◆ **Exercise directions**: From the data that follows, report how many lines hold the string "Keeps", giving only the number.

◆ **Records for this task**:
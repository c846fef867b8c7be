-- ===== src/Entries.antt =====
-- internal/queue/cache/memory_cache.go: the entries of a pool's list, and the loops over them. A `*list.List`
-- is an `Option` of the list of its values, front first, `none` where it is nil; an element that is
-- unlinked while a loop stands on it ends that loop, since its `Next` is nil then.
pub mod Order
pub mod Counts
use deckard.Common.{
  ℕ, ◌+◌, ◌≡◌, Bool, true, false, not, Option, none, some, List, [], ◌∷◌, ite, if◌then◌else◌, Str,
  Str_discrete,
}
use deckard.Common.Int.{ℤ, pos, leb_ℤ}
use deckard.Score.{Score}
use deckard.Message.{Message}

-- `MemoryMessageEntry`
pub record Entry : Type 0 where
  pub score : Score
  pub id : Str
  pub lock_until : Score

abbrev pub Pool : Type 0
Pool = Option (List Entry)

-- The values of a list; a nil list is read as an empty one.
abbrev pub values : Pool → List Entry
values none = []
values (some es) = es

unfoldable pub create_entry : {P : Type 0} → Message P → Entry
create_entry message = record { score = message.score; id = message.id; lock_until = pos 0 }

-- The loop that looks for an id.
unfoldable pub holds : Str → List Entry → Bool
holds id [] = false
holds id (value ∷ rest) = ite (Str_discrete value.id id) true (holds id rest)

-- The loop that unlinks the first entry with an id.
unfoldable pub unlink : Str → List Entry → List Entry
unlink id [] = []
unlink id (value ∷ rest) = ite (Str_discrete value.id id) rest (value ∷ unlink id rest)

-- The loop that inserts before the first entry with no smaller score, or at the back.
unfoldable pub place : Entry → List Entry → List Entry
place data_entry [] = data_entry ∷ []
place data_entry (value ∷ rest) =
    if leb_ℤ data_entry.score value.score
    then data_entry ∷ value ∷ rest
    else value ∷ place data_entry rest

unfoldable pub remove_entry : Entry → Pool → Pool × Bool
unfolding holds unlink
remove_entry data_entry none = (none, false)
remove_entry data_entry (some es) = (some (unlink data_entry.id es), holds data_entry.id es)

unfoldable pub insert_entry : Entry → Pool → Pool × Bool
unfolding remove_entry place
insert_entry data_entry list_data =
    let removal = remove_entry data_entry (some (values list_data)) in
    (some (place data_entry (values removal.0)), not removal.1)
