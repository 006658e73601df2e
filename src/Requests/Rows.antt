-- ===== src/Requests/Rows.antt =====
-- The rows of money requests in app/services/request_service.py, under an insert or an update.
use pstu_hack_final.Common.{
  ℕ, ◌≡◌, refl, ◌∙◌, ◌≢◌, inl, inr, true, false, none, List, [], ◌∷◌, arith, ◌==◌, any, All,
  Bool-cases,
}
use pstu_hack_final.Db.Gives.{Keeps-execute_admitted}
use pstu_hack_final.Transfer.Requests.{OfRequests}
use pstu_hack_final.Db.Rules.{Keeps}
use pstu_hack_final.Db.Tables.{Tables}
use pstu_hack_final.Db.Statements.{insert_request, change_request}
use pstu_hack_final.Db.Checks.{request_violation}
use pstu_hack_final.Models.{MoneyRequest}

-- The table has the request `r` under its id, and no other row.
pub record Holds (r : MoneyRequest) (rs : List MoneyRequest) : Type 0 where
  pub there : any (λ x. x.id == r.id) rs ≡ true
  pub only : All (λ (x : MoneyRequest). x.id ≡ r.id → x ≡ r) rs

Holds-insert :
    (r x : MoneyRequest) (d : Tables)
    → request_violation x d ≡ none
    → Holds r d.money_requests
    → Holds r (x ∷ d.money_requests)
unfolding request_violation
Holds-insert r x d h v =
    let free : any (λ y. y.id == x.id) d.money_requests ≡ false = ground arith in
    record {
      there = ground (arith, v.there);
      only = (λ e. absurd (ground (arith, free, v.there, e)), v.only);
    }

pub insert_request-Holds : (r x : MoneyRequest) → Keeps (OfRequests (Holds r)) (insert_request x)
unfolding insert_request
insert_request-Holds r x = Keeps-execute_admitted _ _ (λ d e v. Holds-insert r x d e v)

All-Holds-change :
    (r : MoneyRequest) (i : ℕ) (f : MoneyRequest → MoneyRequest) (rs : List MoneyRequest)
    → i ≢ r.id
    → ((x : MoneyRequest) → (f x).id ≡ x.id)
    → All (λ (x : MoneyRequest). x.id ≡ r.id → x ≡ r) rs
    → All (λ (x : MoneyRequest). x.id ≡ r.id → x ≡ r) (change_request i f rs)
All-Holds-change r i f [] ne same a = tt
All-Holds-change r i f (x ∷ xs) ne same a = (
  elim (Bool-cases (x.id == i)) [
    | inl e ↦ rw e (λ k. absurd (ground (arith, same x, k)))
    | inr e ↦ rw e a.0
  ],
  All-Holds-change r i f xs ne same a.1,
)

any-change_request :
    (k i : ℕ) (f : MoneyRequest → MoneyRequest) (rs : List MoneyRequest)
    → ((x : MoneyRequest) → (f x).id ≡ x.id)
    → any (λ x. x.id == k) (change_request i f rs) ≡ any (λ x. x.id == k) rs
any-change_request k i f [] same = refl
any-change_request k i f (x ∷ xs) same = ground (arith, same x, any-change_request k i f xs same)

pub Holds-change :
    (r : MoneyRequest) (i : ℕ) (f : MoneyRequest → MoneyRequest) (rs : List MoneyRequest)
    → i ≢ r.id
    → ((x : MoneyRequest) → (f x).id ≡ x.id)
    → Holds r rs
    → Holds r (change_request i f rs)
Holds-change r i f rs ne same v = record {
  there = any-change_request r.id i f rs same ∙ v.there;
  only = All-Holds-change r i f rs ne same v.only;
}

◆ **Exercise result**: 4